Examples of suitable materials for cover 18 include polyethylene
(PE), polyethylene terephthalate (PET) and polyamide PA6. A
multi-layered material for cover 18 may include at least one layer
formed of a continuous film of tear resistant and heat shrinkable
material (laminated or extrusion coated) or a non-continuous film
such as a non-woven polymer, mesh or perforated film.
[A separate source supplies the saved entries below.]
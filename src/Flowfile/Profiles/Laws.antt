-- ===== src/Flowfile/Profiles/Laws.antt =====
-- Where the values of a settings profile may go.
use morph_api.Prelude.{
  String, ◌≡◌, refl, Bool, true, false, Option, none, some, List, [], ◌∷◌, ◌==◌, if◌then◌else◌, ◌∙◌,
  arith, eq_iff, if-split, Pointwise,
}
use morph_api.Json.{Value, null, bool, num, str, arr, obj, rows, strs, Fields, end, lookup, merge}
use morph_api.Json.Laws.{lookup-insert_same, lookup-insert_ne, lookup-erase_same}
use morph_api.Graph.{Node, Flow}
use morph_api.Flowfile.Profiles.{
  NodeSetting, with_profile, stripped, reference_only, settings_id, resolve_profile, resolve_data,
  resolve_nodes, resolve_settings_profiles,
}

abbrev pub title_of : Option NodeSetting → String
title_of none = ""
title_of (some p) = p.title

abbrev pub values_of : Option NodeSetting → Fields
values_of none = end
values_of (some p) = merge end p.settings

-- A node with a profile: one that goes by reference holds no values, and any other holds the values of the profile.
abbrev pub Settled : Bool → Option NodeSetting → Fields → Type 0
Settled only p m =
    (lookup "settings" m ≡ (if only then none else some (obj (values_of p))))
    × (lookup "settingsName" m ≡ some (str (title_of p)))

with_profile-Settled :
    (only : Bool) (p : Option NodeSetting) (held : Fields)
    → Settled only p (with_profile only p (stripped only held))
unfolding with_profile
with_profile-Settled true none held = (
  lookup-insert_ne "settingsName" "settings" _ _ refl ∙ lookup-erase_same "settings" held,
  lookup-insert_same "settingsName" _ _,
)
with_profile-Settled true (some p) held = (
  lookup-insert_ne "settingsName" "settings" _ _ refl ∙ lookup-erase_same "settings" held,
  lookup-insert_same "settingsName" _ _,
)
with_profile-Settled false none held = (
  lookup-insert_same "settings" _ _,
  lookup-insert_ne "settings" "settingsName" _ _ refl ∙ lookup-insert_same "settingsName" _ _,
)
with_profile-Settled false (some p) held = (
  lookup-insert_same "settings" _ _,
  lookup-insert_ne "settings" "settingsName" _ _ refl ∙ lookup-insert_same "settingsName" _ _,
)

module _ (profiles : String → Option NodeSetting) where
  -- what becomes of a node's data
  abbrev pub Resolves : String → Value → Value → Type 0
  Resolves kind (obj held) (obj m) =
      (settings_id held ≡ "" → m ≡ held)
      × ((settings_id held == "") ≡ false
          → Settled (reference_only kind) (profiles (settings_id held)) m)
  Resolves kind v w = w ≡ v

  abbrev pub ResolvesNode : Node → Node → Type 0
  ResolvesNode n m = (m.kind ≡ n.kind) × (m.id ≡ n.id) × Resolves n.kind n.payload m.payload

  resolve_profile-Resolves :
      (kind : String) (held : Fields)
      → Resolves kind (obj held) (obj (resolve_profile profiles kind held))
  unfolding resolve_profile
  resolve_profile-Resolves kind held =
      if-split (λ (m : Fields). Resolves kind (obj held) (obj m)) (settings_id held == "") _ _
        (λ e. (λ blank. refl, λ named. absurd (cc (e, named))))
        (λ e. (
          λ blank. absurd (ground (arith, eq_iff (settings_id held) "")),
          λ named. with_profile-Settled (reference_only kind) (profiles (settings_id held)) held,
        ))

  resolve_data-Resolves :
      (kind : String) (v : Value) → Resolves kind v (resolve_data profiles kind v)
  resolve_data-Resolves kind (obj held) = resolve_profile-Resolves kind held
  resolve_data-Resolves kind null = refl
  resolve_data-Resolves kind (bool b) = refl
  resolve_data-Resolves kind (num s) = refl
  resolve_data-Resolves kind (str s) = refl
  resolve_data-Resolves kind (arr vs) = refl
  resolve_data-Resolves kind (rows rs) = refl
  resolve_data-Resolves kind (strs ss) = refl

  resolve_nodes-Resolves : (ns : List Node) → Pointwise ResolvesNode ns (resolve_nodes profiles ns)
  unfolding resolve_nodes
  resolve_nodes-Resolves [] = tt
  resolve_nodes-Resolves (n ∷ ns) =
      ((refl, refl, resolve_data-Resolves n.kind n.payload), resolve_nodes-Resolves ns)

  -- A node that names a settings profile holds the name of the profile and, unless it goes by
  -- reference, its values, with nothing for a profile that is not there. A node that goes by
  -- reference holds no values at all, whatever it came with. A node that names none is left as
  -- it was.
  pub resolve_settings_profiles-Resolves :
      (f : Flow) → Pointwise ResolvesNode f.nodes (resolve_settings_profiles profiles f).nodes
  unfolding resolve_settings_profiles
  resolve_settings_profiles-Resolves f = resolve_nodes-Resolves f.nodes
Examples of a
multi-layered material for cover 18 include (from outside layer to
inside layer): PET/aluminum foil/PE, PET/EVOH/PE, PET/metalized
PET/PE or PET/PE. It has been found that formation of cover 18 from
a multilayered PET/PE or PET/EVOH/PE material comprising at least
90% polymer materials provides preferred sealing performance around
injection system 22.
A steeping chamber 40 is defined within interior space 34 of
capsule 10 between cover 18 and filter 14. Steeping chamber 40 has
a volume V1 that is adapted to contain a sufficient volume V2 of
ingredients 16 to produce a desired consumable product using
machine 20. Ingredients 16 that are disposed in steeping chamber
40, as described further below, are preferably selected for optimum
extraction under the conditions within steeping chamber 40 during
use of machine 20.
For the embodiment depicted in FIGS. 1 and 2, the volume V2 of
ingredients 16 is no less than 50% of the volume V1 of steeping
chamber 40, more preferably no less than 70% and most preferably no
less than 90% so that ingredients are easily visible through a
transparent cover 18.
Filter 14 has an average fluid flow rate F1 that is less than the
average fluid flow rate F2 of injection system 22. Preferably, the
average fluid flow rate F1 of filter 14 is between 50% and 90% of
the average fluid flow rate F2 of injection system 22, more
preferably between 55% and 80% and most preferably between 60% and
75%.
The average fluid flow rates F1 and F2 noted above are determined
over the course of the product preparation process using machine 20
in accordance with the test procedure below. An empty capsule 10
containing no filter 14 and no ingredients 16 is disposed in
machine 20 and machine 20 is activated to prepare a product of a
selected size. The weight of the product prepared by the machine 20
is measured as well as the time required to prepare the product
from the moment machine 20 is activated to the moment the flow of
prepared product has stopped. The measured weight per unit of time
is deemed to be the fluid flow rate F2 for injection system 22. The
first capsule is removed and an empty capsule 10 with a filter 14
(but no ingredients 16) is then disposed in same machine 20 and
machine 20 is activated to prepare a product of the same selected
size. The weight of the product prepared by machine 20 is measured
as well as the time required to prepare the product from the moment
machine 20 is activated to the moment the flow of prepared product
has stopped. The measured weight per unit of time is deemed to be
the fluid flow rate F1 for filter 14.
Filter 14 may have a uniform fluid flow rate F1 over its entire
surface area within interior space 34 or it may be adapted to
provide zones 42 having different rates of fluid flow. Filter 14
may thus be adapted to provide one or more high flow zones 42a that
allow a relatively higher rate of fluid flow as compared to the
remainder of filter 14. Conversely, filter 14 may be adapted to
provide one or more low flow zones 42b that allow a relatively low
rate of fluid flow as compared to the remainder of filter 14. Zones
42 may also be disposed at desired locations L on filter 14 to
optimize the performance of steeping chamber 40. For example, high
flow zones 42a may be at locations L1 on filter 14 proximate to
cover 18 to allow air to flow in the head space above the fluid to
balance the pressure differential between steeping chamber 40 and
the remainder of capsule 10. Low flow zones 42b may be at locations
L2 along the sides of filter 14 to reduce the fluid flow along such
side portions and thus encourage flow through the bottom portion of
filter 14.
Filter 14 is also adapted to be phobic to the fluid being injected
into capsule 10. In most instances, the fluid will comprise water
(either heated or cooled) and a hydrophobic filter 14 is desired.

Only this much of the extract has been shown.